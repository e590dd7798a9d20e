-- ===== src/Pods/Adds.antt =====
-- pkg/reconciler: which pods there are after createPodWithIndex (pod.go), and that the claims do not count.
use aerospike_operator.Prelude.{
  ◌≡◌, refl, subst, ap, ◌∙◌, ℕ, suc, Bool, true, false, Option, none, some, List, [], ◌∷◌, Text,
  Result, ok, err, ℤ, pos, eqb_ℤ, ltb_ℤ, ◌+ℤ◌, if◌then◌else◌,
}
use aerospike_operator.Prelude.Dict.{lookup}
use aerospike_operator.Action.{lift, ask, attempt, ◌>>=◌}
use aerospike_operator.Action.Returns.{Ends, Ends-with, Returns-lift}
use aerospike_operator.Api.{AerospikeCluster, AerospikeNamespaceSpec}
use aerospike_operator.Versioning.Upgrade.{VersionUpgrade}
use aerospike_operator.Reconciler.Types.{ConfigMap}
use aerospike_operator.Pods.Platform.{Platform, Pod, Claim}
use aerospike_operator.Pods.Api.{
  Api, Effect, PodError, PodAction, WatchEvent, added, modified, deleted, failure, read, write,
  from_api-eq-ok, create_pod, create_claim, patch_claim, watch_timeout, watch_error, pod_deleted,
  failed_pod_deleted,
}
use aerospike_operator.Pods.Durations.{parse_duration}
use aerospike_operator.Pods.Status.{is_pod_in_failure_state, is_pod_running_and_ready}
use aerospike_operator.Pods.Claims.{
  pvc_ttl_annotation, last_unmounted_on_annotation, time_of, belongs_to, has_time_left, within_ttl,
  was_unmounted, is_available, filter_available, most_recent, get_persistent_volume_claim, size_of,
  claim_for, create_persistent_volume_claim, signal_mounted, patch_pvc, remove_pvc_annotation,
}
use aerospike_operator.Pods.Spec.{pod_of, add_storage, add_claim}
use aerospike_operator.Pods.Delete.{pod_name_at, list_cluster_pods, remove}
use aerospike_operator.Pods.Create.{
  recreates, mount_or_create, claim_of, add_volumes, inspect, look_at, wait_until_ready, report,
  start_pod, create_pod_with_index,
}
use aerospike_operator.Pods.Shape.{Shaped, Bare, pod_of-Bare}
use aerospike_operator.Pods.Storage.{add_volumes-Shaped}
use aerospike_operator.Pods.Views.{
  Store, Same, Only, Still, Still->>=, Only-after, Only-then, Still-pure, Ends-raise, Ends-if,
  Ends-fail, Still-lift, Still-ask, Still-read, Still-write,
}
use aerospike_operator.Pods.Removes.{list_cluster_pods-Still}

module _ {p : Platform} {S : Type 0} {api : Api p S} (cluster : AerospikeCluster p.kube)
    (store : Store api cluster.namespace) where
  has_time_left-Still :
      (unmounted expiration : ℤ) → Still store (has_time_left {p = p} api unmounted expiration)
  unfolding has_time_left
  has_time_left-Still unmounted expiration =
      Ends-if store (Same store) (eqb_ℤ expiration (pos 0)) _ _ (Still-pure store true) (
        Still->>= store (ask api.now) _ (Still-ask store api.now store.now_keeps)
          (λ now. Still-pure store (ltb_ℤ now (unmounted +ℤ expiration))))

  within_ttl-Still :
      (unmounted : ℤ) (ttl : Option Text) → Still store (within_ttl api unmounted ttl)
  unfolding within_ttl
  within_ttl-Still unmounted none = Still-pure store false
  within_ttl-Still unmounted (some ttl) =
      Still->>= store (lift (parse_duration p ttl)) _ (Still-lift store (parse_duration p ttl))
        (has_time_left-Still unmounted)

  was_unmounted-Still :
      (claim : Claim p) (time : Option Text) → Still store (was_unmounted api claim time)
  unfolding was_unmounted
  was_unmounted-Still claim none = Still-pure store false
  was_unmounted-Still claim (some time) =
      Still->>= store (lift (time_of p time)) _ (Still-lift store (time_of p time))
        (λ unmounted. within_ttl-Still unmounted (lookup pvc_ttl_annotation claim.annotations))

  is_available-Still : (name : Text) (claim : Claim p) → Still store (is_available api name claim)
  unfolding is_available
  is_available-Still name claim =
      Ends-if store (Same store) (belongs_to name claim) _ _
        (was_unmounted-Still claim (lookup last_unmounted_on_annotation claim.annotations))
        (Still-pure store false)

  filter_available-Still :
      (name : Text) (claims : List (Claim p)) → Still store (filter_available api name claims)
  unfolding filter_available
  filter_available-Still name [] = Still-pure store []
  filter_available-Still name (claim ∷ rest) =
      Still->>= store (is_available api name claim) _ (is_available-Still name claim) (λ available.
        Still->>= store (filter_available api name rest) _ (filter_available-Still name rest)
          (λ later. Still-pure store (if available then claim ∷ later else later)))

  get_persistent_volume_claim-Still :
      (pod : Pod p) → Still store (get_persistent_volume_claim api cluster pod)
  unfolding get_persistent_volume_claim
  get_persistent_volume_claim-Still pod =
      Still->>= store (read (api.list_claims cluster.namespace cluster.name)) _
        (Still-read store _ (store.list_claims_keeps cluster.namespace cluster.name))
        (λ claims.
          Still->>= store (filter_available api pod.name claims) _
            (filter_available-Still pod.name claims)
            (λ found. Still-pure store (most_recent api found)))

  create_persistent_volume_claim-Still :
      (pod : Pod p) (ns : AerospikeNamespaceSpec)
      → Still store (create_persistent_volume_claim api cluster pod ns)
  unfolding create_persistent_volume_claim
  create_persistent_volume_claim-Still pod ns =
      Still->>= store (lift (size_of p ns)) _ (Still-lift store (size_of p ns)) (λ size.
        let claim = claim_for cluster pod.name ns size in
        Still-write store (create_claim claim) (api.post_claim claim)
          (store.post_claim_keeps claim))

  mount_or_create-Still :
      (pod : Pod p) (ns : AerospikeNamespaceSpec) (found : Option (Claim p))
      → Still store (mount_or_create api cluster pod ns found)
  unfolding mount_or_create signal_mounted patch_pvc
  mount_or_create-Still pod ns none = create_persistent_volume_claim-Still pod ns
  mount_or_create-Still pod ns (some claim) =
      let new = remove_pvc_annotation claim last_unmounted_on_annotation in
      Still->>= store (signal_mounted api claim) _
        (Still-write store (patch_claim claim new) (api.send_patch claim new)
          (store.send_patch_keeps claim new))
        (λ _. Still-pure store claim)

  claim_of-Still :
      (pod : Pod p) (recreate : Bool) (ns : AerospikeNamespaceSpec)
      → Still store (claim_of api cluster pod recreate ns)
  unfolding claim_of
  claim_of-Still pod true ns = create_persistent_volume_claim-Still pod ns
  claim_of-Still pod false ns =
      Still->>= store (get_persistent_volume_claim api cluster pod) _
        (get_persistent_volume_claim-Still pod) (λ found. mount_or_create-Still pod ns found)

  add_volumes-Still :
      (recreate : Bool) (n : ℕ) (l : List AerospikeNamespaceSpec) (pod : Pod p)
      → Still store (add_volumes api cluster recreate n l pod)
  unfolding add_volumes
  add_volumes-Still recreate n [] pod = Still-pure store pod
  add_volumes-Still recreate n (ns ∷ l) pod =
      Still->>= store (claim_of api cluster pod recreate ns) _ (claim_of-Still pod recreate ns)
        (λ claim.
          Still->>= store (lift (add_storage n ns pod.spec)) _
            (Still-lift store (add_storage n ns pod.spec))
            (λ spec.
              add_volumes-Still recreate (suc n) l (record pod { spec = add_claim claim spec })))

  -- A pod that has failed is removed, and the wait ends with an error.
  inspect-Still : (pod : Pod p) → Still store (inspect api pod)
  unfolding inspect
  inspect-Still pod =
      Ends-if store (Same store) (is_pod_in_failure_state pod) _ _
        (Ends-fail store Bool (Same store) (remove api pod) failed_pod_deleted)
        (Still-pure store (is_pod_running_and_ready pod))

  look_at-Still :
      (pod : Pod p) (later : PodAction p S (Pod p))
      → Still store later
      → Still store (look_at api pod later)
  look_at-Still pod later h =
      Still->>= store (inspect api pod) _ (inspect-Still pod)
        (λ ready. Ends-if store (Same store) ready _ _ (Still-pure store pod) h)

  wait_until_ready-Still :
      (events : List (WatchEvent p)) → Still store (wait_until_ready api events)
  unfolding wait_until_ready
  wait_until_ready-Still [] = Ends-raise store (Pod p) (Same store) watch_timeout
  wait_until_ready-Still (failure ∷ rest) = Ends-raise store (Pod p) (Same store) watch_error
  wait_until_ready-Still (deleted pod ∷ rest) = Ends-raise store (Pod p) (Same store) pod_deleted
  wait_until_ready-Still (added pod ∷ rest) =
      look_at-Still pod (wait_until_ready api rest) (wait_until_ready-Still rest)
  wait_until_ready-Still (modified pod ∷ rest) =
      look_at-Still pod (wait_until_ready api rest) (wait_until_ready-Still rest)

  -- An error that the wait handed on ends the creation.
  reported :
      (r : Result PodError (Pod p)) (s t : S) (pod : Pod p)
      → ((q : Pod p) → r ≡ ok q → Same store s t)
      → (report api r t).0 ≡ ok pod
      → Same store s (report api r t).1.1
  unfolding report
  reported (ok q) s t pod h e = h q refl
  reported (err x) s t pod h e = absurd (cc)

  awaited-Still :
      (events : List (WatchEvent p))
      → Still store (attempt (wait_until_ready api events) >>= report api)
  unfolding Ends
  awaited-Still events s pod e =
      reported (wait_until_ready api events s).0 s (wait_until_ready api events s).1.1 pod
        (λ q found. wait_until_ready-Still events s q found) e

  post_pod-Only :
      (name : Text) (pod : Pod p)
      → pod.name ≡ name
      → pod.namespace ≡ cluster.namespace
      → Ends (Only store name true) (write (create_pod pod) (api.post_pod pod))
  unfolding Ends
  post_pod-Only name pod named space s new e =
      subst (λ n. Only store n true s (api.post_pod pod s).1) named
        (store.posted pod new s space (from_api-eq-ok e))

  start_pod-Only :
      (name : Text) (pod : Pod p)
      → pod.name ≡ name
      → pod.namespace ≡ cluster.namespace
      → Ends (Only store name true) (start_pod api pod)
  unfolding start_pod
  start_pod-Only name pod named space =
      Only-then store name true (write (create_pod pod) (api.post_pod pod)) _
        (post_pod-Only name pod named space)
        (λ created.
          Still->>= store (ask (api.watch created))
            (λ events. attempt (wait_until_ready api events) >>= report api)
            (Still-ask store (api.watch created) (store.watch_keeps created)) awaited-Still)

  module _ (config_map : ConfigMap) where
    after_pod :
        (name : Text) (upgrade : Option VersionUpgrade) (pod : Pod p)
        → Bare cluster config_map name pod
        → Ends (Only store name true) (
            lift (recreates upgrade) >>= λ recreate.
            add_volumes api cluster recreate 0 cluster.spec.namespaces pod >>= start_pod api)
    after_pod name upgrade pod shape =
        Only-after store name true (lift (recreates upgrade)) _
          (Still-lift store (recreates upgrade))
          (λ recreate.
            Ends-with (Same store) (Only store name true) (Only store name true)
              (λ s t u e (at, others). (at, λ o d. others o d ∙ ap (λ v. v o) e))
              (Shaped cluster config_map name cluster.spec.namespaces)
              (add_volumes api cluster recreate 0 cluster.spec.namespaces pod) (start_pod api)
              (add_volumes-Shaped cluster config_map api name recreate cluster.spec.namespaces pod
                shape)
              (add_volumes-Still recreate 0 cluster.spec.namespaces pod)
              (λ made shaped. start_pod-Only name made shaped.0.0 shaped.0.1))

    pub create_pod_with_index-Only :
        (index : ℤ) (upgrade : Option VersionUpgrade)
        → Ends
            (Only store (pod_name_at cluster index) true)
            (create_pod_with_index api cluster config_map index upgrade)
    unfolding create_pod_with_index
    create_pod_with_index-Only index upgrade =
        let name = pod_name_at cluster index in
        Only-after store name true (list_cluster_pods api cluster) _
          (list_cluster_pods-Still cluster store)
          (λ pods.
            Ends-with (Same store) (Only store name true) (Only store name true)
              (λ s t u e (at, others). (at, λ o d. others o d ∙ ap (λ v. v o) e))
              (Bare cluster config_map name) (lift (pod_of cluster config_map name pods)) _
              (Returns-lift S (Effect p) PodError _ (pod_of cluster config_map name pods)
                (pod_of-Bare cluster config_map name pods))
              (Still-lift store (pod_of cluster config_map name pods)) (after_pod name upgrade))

──────────────────────────────

§ **TRY IT**: Lines wanted from the listing above: the line with "unfolding get_persistent_volume_claim" up to and including the line with "Still-write store (create_claim". Please write them out exactly, adding nothing else.

§ **YOUR RESPONSE**:
  unfolding get_persistent_volume_claim
  get_persistent_volume_claim-Still pod =
      Still->>= store (read (api.list_claims cluster.namespace cluster.name)) _
        (Still-read store _ (store.list_claims_keeps cluster.namespace cluster.name))
        (λ claims.
          Still->>= store (filter_available api pod.name claims) _
            (filter_available-Still pod.name claims)
            (λ found. Still-pure store (most_recent api found)))

  create_persistent_volume_claim-Still :
      (pod : Pod p) (ns : AerospikeNamespaceSpec)
      → Still store (create_persistent_volume_claim api cluster pod ns)
  unfolding create_persistent_volume_claim
  create_persistent_volume_claim-Still pod ns =
      Still->>= store (lift (size_of p ns)) _ (Still-lift store (size_of p ns)) (λ size.
        let claim = claim_for cluster pod.name ns size in
        Still-write store (create_claim claim) (api.post_claim claim)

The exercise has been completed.